Namun hal itu tidak menghalangi mereka untuk berkumpul di tempat terdekat sambil menanti kedatangan anak-anak mereka yang telah keluar dari “kuburan penjara,” seperti yang digambarkan oleh sebagian orang.
Penantian dan kegembiraan
Saat fajar pada Senin (20/1), ‘Israel’ membebaskan para wanita dan anak-anak, dan perayaan segera menyebar di seluruh Ramallah, dengan foto-foto para pemimpin Hamas yang diangkat dan bersorak untuk mereka.
Keluarga jurnalis Rula Hassanein menyambutnya dengan penuh haru. Ia ditangkap Maret lalu dan dijatuhi hukuman satu tahun penjara penuh atas tuduhan penghasutan, meninggalkan putrinya yang masih bayi, yang lahir prematur dan membutuhkan perawatan terus-menerus.
Setelah dibebaskan, Rula dipindahkan ke rumah sakit karena menderita penyakit ginjal kronis dan tidak menerima perawatan medis apa pun di dalam penjara ‘Israel’.
Ia menggambarkan kepada The New Arab kekejaman penjara dan prosedur ‘Israel’ yang memalukan terhadap para tahanan, di mana ia dan orang lain tidak diberi makanan, pakaian, perlakuan manusiawi, dan kebutuhan kemanusiaan minimum lainnya.

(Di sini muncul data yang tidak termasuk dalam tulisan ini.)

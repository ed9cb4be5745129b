-- ===== src/Memory/Prepare.antt =====
-- workspace.rs, `prepare_patch`: from the text of a patch to the changes of files, without making
-- them. YAML, the Unicode tables and the directory walk are parameters.
pub mod Managed
pub mod Tests
use momo_core.Prelude.{
  ℕ, Bool, true, false, not, ◌&&◌, ◌||◌, Option, none, some, List, [], ◌∷◌, ◌++◌, Text, codes,
  text_eq, member, is_empty, ◌==◌, if◌then◌else◌, Outcome, ok, err, ◌>>=◌, ◌>>◌, unless,
}
use momo_core.Ddm.Profile.{Double}
use momo_core.Commit.Transaction.{Files, FileMutation, write}
use momo_core.Memory.Times.{ℤ}
use momo_core.Memory.Same.{same_document}
use momo_core.Memory.Components.{PathBuf, normal, components}
use momo_core.Memory.Metadata.{
  MemoryError, unsafe_path, yaml, io, index_version, duplicate_target, create_differs,
  create_not_alone, id_changed, not_active, duplicate_id, active, Metadata, MemoryDocument,
}
use momo_core.Memory.Paths.{
  ok_or, validate_relative, validate_patch_target, expected_kind_for_path,
  validate_document_location,
}
use momo_core.Memory.Access
use momo_core.Memory.Access.{AccessConfig, require_write}
use momo_core.Memory.Terms.{Unicode}
use momo_core.Memory.Index.{
  MemoryIndex, IndexEntry, portable_path, has_entry, update_index_entry, build_entries,
}
use momo_core.Memory.Document.{Yaml, parse, encode}
use momo_core.Memory.Escapes.{
  escape_quoted_content_backslashes, escape_unknown_double_quoted_yaml_escapes,
}
use momo_core.Memory.Operations.{
  CreateMetadata, PatchOperation, append, replace, create, update_frontmatter, into_metadata,
  apply_operations,
}
use momo_core.Memory.Patches.{
  FilePatch, Formats, any_create, sole_create, parse_patch_document, touched_at, is_created,
  check_created, encode_index, index_path, empty_index, index_or_empty,
}

module _ (f64 : Double) where
  -- `refused` stands for links and directories on the way to a path, and `walked` for the paths of
  -- the long-term memories, sorted.
  module _ (formats : Formats f64) (unicode : Unicode) (refused : Text → Bool)
      (walked : List PathBuf) (files : Files) (now : ℤ) where
    unfoldable pub resolve : PathBuf → Outcome MemoryError Text
    unfolding validate_relative portable_path
    resolve relative =
        validate_relative relative
        >> unless (refused (portable_path relative)) (unsafe_path relative)
        >> ok (portable_path relative)

    unfoldable pub read_unchecked : PathBuf → Outcome MemoryError (MemoryDocument f64)
    unfolding resolve parse
    read_unchecked relative = do
      path ← resolve relative
      text ← ok_or (files path) io
      parse formats.metadata text

    -- A created document, or the same one if it is there: then the flag is set.
    unfoldable pub created_document :
        PathBuf → MemoryDocument f64 → Outcome MemoryError (Bool × MemoryDocument f64)
    unfolding resolve read_unchecked same_document
    created_document relative proposed = elim (files (portable_path relative)) [
      | none ↦ ok (false, proposed)
      | some text ↦ do
        existing ← read_unchecked relative
        done ←
            unless
              (not
                (same_document f64 (touched_at f64 existing.metadata.touch_at proposed) existing))
              create_differs
        ok (true, existing)
    ]

    unfoldable pub edited_document :
        PathBuf → List (PatchOperation f64) → Outcome MemoryError (Bool × MemoryDocument f64)
    unfolding any_create read_unchecked apply_operations
    edited_document relative operations =
        unless (any_create f64 operations || is_empty operations) create_not_alone >> (do
          original ← read_unchecked relative
          document ← apply_operations f64 original operations
          done ← unless (not (text_eq document.metadata.id original.metadata.id)) id_changed
          ok (false, document))

    unfoldable pub patched_document :
        PathBuf → List (PatchOperation f64) → Outcome MemoryError (Bool × MemoryDocument f64)
    unfolding sole_create created_document edited_document into_metadata
    patched_document relative operations = elim (sole_create f64 operations) [
      | some (frontmatter, content) ↦
          created_document relative
            (record { metadata = into_metadata f64 frontmatter; body = content })
      | none ↦ edited_document relative operations
    ]

    -- One round of the loop: the index and the change that it adds.
    unfoldable pub prepare_item :
        AccessConfig
        → MemoryIndex
        → FilePatch f64
        → Outcome MemoryError (MemoryIndex × FileMutation)
    unfolding validate_patch_target expected_kind_for_path require_write resolve patched_document
        validate_document_location check_created update_index_entry encode components sole_create
    prepare_item access index item =
        let relative = components item.target_file in
        do
          target ← validate_patch_target relative
          kind ← ok_or (expected_kind_for_path relative) (unsafe_path relative)
          allowed ← require_write access kind
          path ← resolve relative
          (replayed, patched) ← patched_document relative item.operations
          let document = if replayed then patched else touched_at f64 now patched
          located ← validate_document_location f64 relative document.metadata
          checked ←
              check_created f64 (is_created f64 item.operations) replayed index document.metadata
          next ← update_index_entry unicode index relative document
          text ← encode formats.metadata document
          ok (next, write path text)

    unfoldable pub prepare_items :
        AccessConfig
        → List Text
        → MemoryIndex
        → List (FilePatch f64)
        → Outcome MemoryError (MemoryIndex × List FileMutation)
    unfolding prepare_item
    prepare_items access touched index [] = ok (index, [])
    prepare_items access touched index (item ∷ rest) = do
      once ← unless (member touched item.target_file) duplicate_target
      (next, mutation) ← prepare_item access index item
      (last, mutations) ← prepare_items access (item.target_file ∷ touched) next rest
      ok (last, mutation ∷ mutations)

    unfoldable pub load_access : Outcome MemoryError AccessConfig
    unfolding resolve Access.validate components
    load_access = do
      path ← resolve (components (codes "config/access.yaml"))
      text ← ok_or (files path) io
      access ← ok_or (formats.access text) yaml
      Access.validate access >> ok access

    unfoldable pub load_index_for_rebuild : Outcome MemoryError MemoryIndex
    unfolding resolve
    load_index_for_rebuild = do
      path ← resolve index_path
      ok (elim (files path) [
        | none ↦ empty_index
        | some text ↦ index_or_empty (formats.index text)
      ])

    unfoldable pub build_index_data : MemoryIndex → Outcome MemoryError MemoryIndex
    unfolding build_entries read_unchecked
    build_index_data previous = do
      entries ← build_entries unicode read_unchecked previous.entries [] walked
      ok (record { version = 1; entries = entries })

    unfoldable pub prepare_patches :
        AccessConfig → List (FilePatch f64) → Outcome MemoryError (List FileMutation)
    unfolding load_index_for_rebuild build_index_data prepare_items encode_index resolve
    prepare_patches access [] = ok []
    prepare_patches access (item ∷ rest) = do
      existing_index ← load_index_for_rebuild
      index ← build_index_data existing_index
      (last, mutations) ← prepare_items access [] index (item ∷ rest)
      path ← resolve index_path
      text ← encode_index f64 formats last
      ok (mutations ++ write path text ∷ [])

    -- `prepare_patch_for_identity` for no identity.
    unfoldable pub prepare_patch : Text → Outcome MemoryError (List FileMutation)
    unfolding load_access parse_patch_document prepare_patches
    prepare_patch text = do
      access ← load_access
      patches ← parse_patch_document f64 formats text
      prepare_patches access patches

“Saya sangat khawatir dengan anak saya, yang saya tinggalkan saat dia perlu disusui, dan saat dia berusia kurang dari setahun. Saya biasa memeluk bantal setiap malam dan membayangkannya sebagai anak saya, dan saya tertidur karena menangis,” kata Rula.
Keluarganya terkejut dengan penurunan berat badannya, pucatnya wajahnya, dan raut wajah lelah yang tampak padanya, yang mencerminkan realitas penjara tempat ia tinggal.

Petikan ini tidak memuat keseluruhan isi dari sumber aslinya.